CHELSEA STATION “I don’t know if you’d be interested, but I’m having a party tomorrow night. Nothing grand, just cocktails before heading out to the Pavilion.” “That sounds great. Where?” I gave him Kerry’s address. “I’m dating someone at the moment,” Ryan added casually. “He couldn’t get out here this afternoon, but he’ll be here tomorrow. Is that OK?” So there it was. The crash after the high. “Of course,” I answered too gushingly. “The more the merrier.” “Fantastic. We’ll be there. What time?” I told him any time after ten then made an excuse to dash off. I didn’t tell him it was so I could lick my wounds and try to get the good buzz going again. * * * Kerry hired a shirtless bartender for the party who was kept busy keeping vodka flowing into Derek’s glass. The guests were arriving in waves. I put some smooth jazz on the stereo instead of the usual dance music so people could talk to each other. The loud music could wait until we all headed out to the bars later. Ryan arrived looking stunning in chino slacks and an open silk shirt with a pretty twenty- something blond at his side. He was introducing me at the same time that Derek sauntered out of the house. “Mark, this is my friend, Scott.” “Scott?” Not the Scott, Derek’s ex from the beauty shop. Please tell me it isn’t that Scott. “Derek?” Scott gasped, as my slightly tipsy guest of honor came into view. Derek whirled around to confront me. “How dare you set me up like this! I should have seen through your conniving plot. All that shit about being karaoke bros.” “Derek, honestly, I had no idea.” I protested. “First you invite me out here so you can show me off to your sad friends. Then you humiliate me by rubbing my face in the fact that my ex has a guy almost as hot as me.” “I didn’t know Ryan’s boyfriend was Scott.” “Like hell.” “This is all my fault,” Ryan chimed into the escalating mess. “I should have told you who I was bringing.” “Derek, simmer down. It was an accident.” Scott tried to reason with Derek. “You son of a bitch, you’ve always been against me.” Derek charged aggressively towards Scott, but Ryan intercepted him. They started to scuffle, Derek being a little too drunk to cause any real harm.

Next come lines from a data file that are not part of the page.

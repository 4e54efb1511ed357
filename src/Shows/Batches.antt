-- ===== src/Shows/Batches.antt =====
-- The batches of `closeQueue`, one after the other (frontend/convex/shows.ts).
use bling.Prelude.{
  ℕ, ◌+◌, ◌-◌, ◌*◌, ◌<◌, ◌≡◌, ◌⊎◌, ◌==◌, inl, inr, refl, Bool, true, false, some, List, [], ◌∷◌,
  ◌++◌, arith, length, take, if◌then◌else◌, Bool-cases, ◌∙◌, ap,
}
use bling.Store.Interface.{Convex}
use bling.Store.Rows.{Row}
use bling.Store.Queries.{Table, replace}
use bling.Store.Totals.{total_zero, total_positive}
use bling.Schema.Status.{QueueStatus}
use bling.Schema.Docs.{QueueEntry, PaymentAttempt}
use bling.Schema.State.{Env, Db, Scheduled, run_at, close_queue}
use bling.Payments.{schedule_cancel}
use bling.Shows.{close_batch}
use bling.Shows.Closing.{
  active_entry_statuses, entries_at, release_hold, close_rows, Closed, close_statuses,
  close_entries, close_queue_batch,
}
use bling.Shows.Emptying.{
  is_at, is_open, open_total, at_total, is_active_status, close_statuses-Pass, queue_eq_refl,
}

abbrev is_batch : (show_id : ℕ) → Scheduled → Bool
is_batch show_id s = elim s.job [ close_queue id ↦ id == show_id | _ ↦ false ]

-- The batches of a show that are scheduled.
unfoldable pub batches_due : (show_id : ℕ) → List Scheduled → ℕ
batches_due show_id [] = 0
batches_due show_id (s ∷ rest) = (if is_batch show_id s then 1 else 0) + batches_due show_id rest

-- Without the first of them.
unfoldable drop_batch : (show_id : ℕ) → List Scheduled → List Scheduled
drop_batch show_id [] = []
drop_batch show_id (s ∷ rest) =
    let others = drop_batch show_id rest in if is_batch show_id s then rest else s ∷ others

drop_batch-due :
    (show_id : ℕ) (jobs : List Scheduled)
    → batches_due show_id (drop_batch show_id jobs) ≡ batches_due show_id jobs - 1
unfolding drop_batch batches_due
drop_batch-due show_id [] = refl
drop_batch-due show_id (s ∷ rest) = elim (Bool-cases (is_batch show_id s)) [
  | inl one ↦ ground (arith, one)
  | inr other ↦ ground (arith, other, drop_batch-due show_id rest)
]

pub batches_due-++ :
    (show_id : ℕ) (jobs more : List Scheduled)
    → batches_due show_id (jobs ++ more) ≡ batches_due show_id jobs + batches_due show_id more
unfolding batches_due
batches_due-++ show_id [] more = ground arith
batches_due-++ show_id (s ∷ rest) more = ground (arith, batches_due-++ show_id rest more)

batches_due-around :
    (show_id : ℕ) (jobs quiet more : List Scheduled)
    → batches_due show_id quiet ≡ 0
    → batches_due show_id (jobs ++ quiet ++ more)
      ≡ batches_due show_id jobs + batches_due show_id more
batches_due-around show_id jobs quiet more none_due =
    ground (arith, batches_due-++ show_id (jobs ++ quiet) more, batches_due-++ show_id jobs quiet)

batches_due-if :
    (show_id now : ℕ) (again : Bool)
    → batches_due show_id (if again then run_at now (close_queue show_id) else [])
      ≡ (if again then 1 else 0)
unfolding batches_due
batches_due-if show_id now true = ground arith
batches_due-if show_id now false = refl

module _ ⦃c : Convex⦄ where
  open-at :
      (show_id : ℕ) (e : QueueEntry)
      → is_open show_id e ≡ true
      → (is_active_status e.status ≡ true) × (is_at show_id e.status e ≡ true)
  open-at show_id e is_open = (ground arith, ground (arith, queue_eq_refl e.status))

  none_open :
      (show_id : ℕ) (t : Table QueueEntry)
      → ((status : QueueStatus) → is_active_status status ≡ true → at_total show_id status t ≡ 0)
      → open_total show_id t ≡ 0
  none_open show_id t none_at =
      total_zero (is_open show_id) (λ e. 1) t
        (λ i e at_i. elim (Bool-cases (is_open show_id e)) [
          | inr closed ↦ ground arith
          | inl still_open ↦
              let (active, at) = open-at show_id e still_open in
              ground (
                arith,
                at,
                none_at e.status active,
                total_positive (is_at show_id e.status) (λ e. 1) t i e at_i,
              )
        ])

  -- A batch closes as many entries as it may, or every open one.
  close_queue_batch-progress :
      (env : Env) (show_id : ℕ) (db : Db)
      → let closed = close_entries env.now show_id close_batch db in
        (open_total show_id closed.entries + closed.count ≡ open_total show_id db.entries)
        × ((closed.count ≡ close_batch) ⊎ (open_total show_id closed.entries ≡ 0))
  unfolding close_entries
  close_queue_batch-progress env show_id db =
      let pass =
        close_statuses-Pass env.now show_id close_batch active_entry_statuses db.attempts
          (record { count = 0; entries = db.entries; jobs = [] }) (λ status listed. listed)
          (ground arith) in
      (
        ground (arith, pass.counted),
        elim pass.done [
          | inl full ↦ inl full
          | inr empty ↦
              inr (none_open show_id (close_entries env.now show_id close_batch db).entries empty)
        ],
      )

  release_hold-due :
      (show_id now : ℕ) (e : QueueEntry) (attempts : Table PaymentAttempt)
      → batches_due show_id (release_hold now e attempts) ≡ 0
  unfolding release_hold schedule_cancel batches_due
  release_hold-due show_id now e attempts = ground arith

  close_rows-due :
      (show_id now : ℕ) (rs : List (Row QueueEntry)) (attempts : Table PaymentAttempt)
      (t : Table QueueEntry)
      → batches_due show_id (close_rows now rs attempts t).1 ≡ 0
  unfolding close_rows batches_due
  close_rows-due show_id now [] attempts t = refl
  close_rows-due show_id now ((id, e) ∷ rs) attempts t =
      let t' = replace id (record e { status = QueueStatus.ended; left_at = some now }) t in
      ground (
        arith,
        batches_due-++ show_id (release_hold now e attempts) (close_rows now rs attempts t').1,
        release_hold-due show_id now e attempts,
        close_rows-due show_id now rs attempts t',
      )

  -- Closing entries schedules no batch by itself.
  close_statuses-due :
      (now show_id limit : ℕ) (statuses : List QueueStatus) (attempts : Table PaymentAttempt)
      (s : Closed)
      → batches_due show_id (close_statuses now show_id limit statuses attempts s).jobs
        ≡ batches_due show_id s.jobs
  unfolding close_statuses
  close_statuses-due now show_id limit [] attempts s = refl
  close_statuses-due now show_id limit (status ∷ rest) attempts s =
      let rows = take (limit - s.count) (entries_at show_id status s.entries) in
      let step = close_rows now rows attempts s.entries in
      let later =
        close_statuses-due now show_id limit rest attempts
          (record { count = s.count + length rows; entries = step.0; jobs = s.jobs ++ step.1 }) in
      ground (
        arith,
        later,
        batches_due-++ show_id s.jobs step.1,
        close_rows-due show_id now rows attempts s.entries,
      )

  close_entries-due :
      (now show_id : ℕ) (db : Db)
      → batches_due show_id (close_entries now show_id close_batch db).jobs ≡ 0
  unfolding close_entries batches_due
  close_entries-due now show_id db =
      close_statuses-due now show_id close_batch active_entry_statuses db.attempts
        (record { count = 0; entries = db.entries; jobs = [] })

  entries_after :
      (env : Env) (show_id : ℕ) (db : Db)
      → (close_queue_batch env show_id db).entries
        ≡ (close_entries env.now show_id close_batch db).entries
  unfolding close_queue_batch
  entries_after env show_id db = refl

  -- A batch schedules another one just where it was full.
  close_queue_batch-due :
      (env : Env) (show_id : ℕ) (db : Db)
      → batches_due show_id (close_queue_batch env show_id db).jobs
        ≡ batches_due show_id db.jobs
          + (if (close_entries env.now show_id close_batch db).count == close_batch then 1 else 0)
  unfolding close_queue_batch
  close_queue_batch-due env show_id db =
      let closed = close_entries env.now show_id close_batch db in
      let again = closed.count == close_batch in
      batches_due-around show_id db.jobs closed.jobs
        (if again then run_at env.now (close_queue show_id) else [])
        (close_entries-due env.now show_id db)
      ∙ ap (λ n. batches_due show_id db.jobs + n) (batches_due-if show_id env.now again)

  -- The scheduler, at the times given: a batch of the show that is scheduled runs, and is then no
  -- longer scheduled, and where none is scheduled nothing runs.
  unfoldable pub run_batches : List Env → (show_id : ℕ) → Db → Db
  unfolding close_queue_batch batches_due drop_batch
  run_batches [] show_id db = db
  run_batches (env ∷ rest) show_id db =
      let after = close_queue_batch env show_id (record db { jobs = drop_batch show_id db.jobs }) in
      run_batches rest show_id (if batches_due show_id db.jobs == 0 then db else after)

  run_batches-idle :
      (times : List Env) (show_id : ℕ) (db : Db)
      → batches_due show_id db.jobs ≡ 0
      → run_batches times show_id db ≡ db
  unfolding run_batches
  run_batches-idle [] show_id db idle = refl
  run_batches-idle (env ∷ rest) show_id db idle =
      ground (arith, idle, run_batches-idle rest show_id db idle)

  -- Where one batch of `closeQueue` is scheduled for a show with fewer open entries in its queue than
  -- 200 times the number of times at which the scheduler runs, then after those times no entry of the
  -- show is open, and no batch is scheduled any more.
  pub run_batches-empty :
      (times : List Env) (show_id : ℕ) (db : Db)
      → batches_due show_id db.jobs ≡ 1
      → open_total show_id db.entries < length times * 200
      → (open_total show_id (run_batches times show_id db).entries ≡ 0)
        × (batches_due show_id (run_batches times show_id db).jobs ≡ 0)
  unfolding run_batches
  run_batches-empty [] show_id db one few = ground arith
  run_batches-empty (env ∷ rest) show_id db one few =
      let before : Db = record db { jobs = drop_batch show_id db.jobs } in
      let after = close_queue_batch env show_id before in
      let closed = close_entries env.now show_id close_batch before in
      let scheduled = close_queue_batch-due env show_id before in
      let dropped = drop_batch-due show_id db.jobs in
      let (counted, done) = close_queue_batch-progress env show_id before in
      let next : run_batches (env ∷ rest) show_id db ≡ run_batches rest show_id after =
        ground (arith, one) in
      elim (Bool-cases (closed.count == close_batch)) [
        | inl full ↦
            let later =
              run_batches-empty rest show_id after (ground (arith, scheduled, dropped, one, full))
                (ground (arith, counted, few, full, entries_after env show_id before)) in
            (ground (arith, next, later.0), ground (arith, next, later.1))
        | inr short ↦
            let idle =
              run_batches-idle rest show_id after
                (ground (arith, scheduled, dropped, one, short)) in
            (
              ground (arith, next, idle, done, short, entries_after env show_id before),
              ground (arith, next, idle, scheduled, dropped, one, short),
            )
      ]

CHELSEA STATION At that moment, Chris, the choker, came charging up the walkway towards the house. “Leave him alone,” he cried out and threw himself into the melee. “Derek, darling, I won’t let them hurt you.” “What the fuck?” Derek gasped. Scott grabbed Chris around the waist and dragged him backwards. “Get the fuck off of him, you bastard. Haven’t you done enough damage already?” “Him?” Derek sneered. “He’s the only one who hasn’t been plotting against me. Not like you and Melissa.” “Derek, I’ve never said a word against you, ever. Melissa wanted you out. I begged her to keep you, man. I loved you Derek. I still do.” “What about the cooked books?” Derek challenged. “That was his doing,” Scott pointed at Chris. “Melissa told him to keep two sets of books so she had an excuse to force you out.” “Don’t listen to him, Derek,” Chris the choker begged. “You and I are destined to be together.” “Back off, psycho.” Derek gave Chris a firm push causing Chris to stagger backward and fall into the shallow end of the pool. “Derek, save me!” Chris flailed around in two feet of water. “Drown, motherfucker!” Derek yelled. “You really must invite more of your friends, Mark.” Kerry cooed in my ear. “We haven’t had this much drama in years.” “Please believe me, Derek. I’ll do whatever you want. We can start a new salon. Just come back to me.” Scott threw himself on Derek and kissed him. The rest of us stood in stunned silence as Derek drew Scott into his arms. Ryan, my other non-date, eased his way to my side. “Well, I guess that leaves us as the two odd men out,” I said. “Two odd men out. What a great idea. Do you like to dance?” he asked. “You bet I do. Let’s go.” And that is how a karaoke singer, a co-dependent hair dresser, a six-foot-seven drag queen, and an accountant who can’t eat lamb chops led me to the man I am married to today. ______Bill Johnston is an emerging writer (that means yet-to-be-published but ever hopeful) who draws on years of experience of botched relationships to create romantic short stories that in no way resemble his own life. He has worked in communications technology and higher education for most of his adult life. He is a former New Yorker, now retired and living in Wilton Manors, FL.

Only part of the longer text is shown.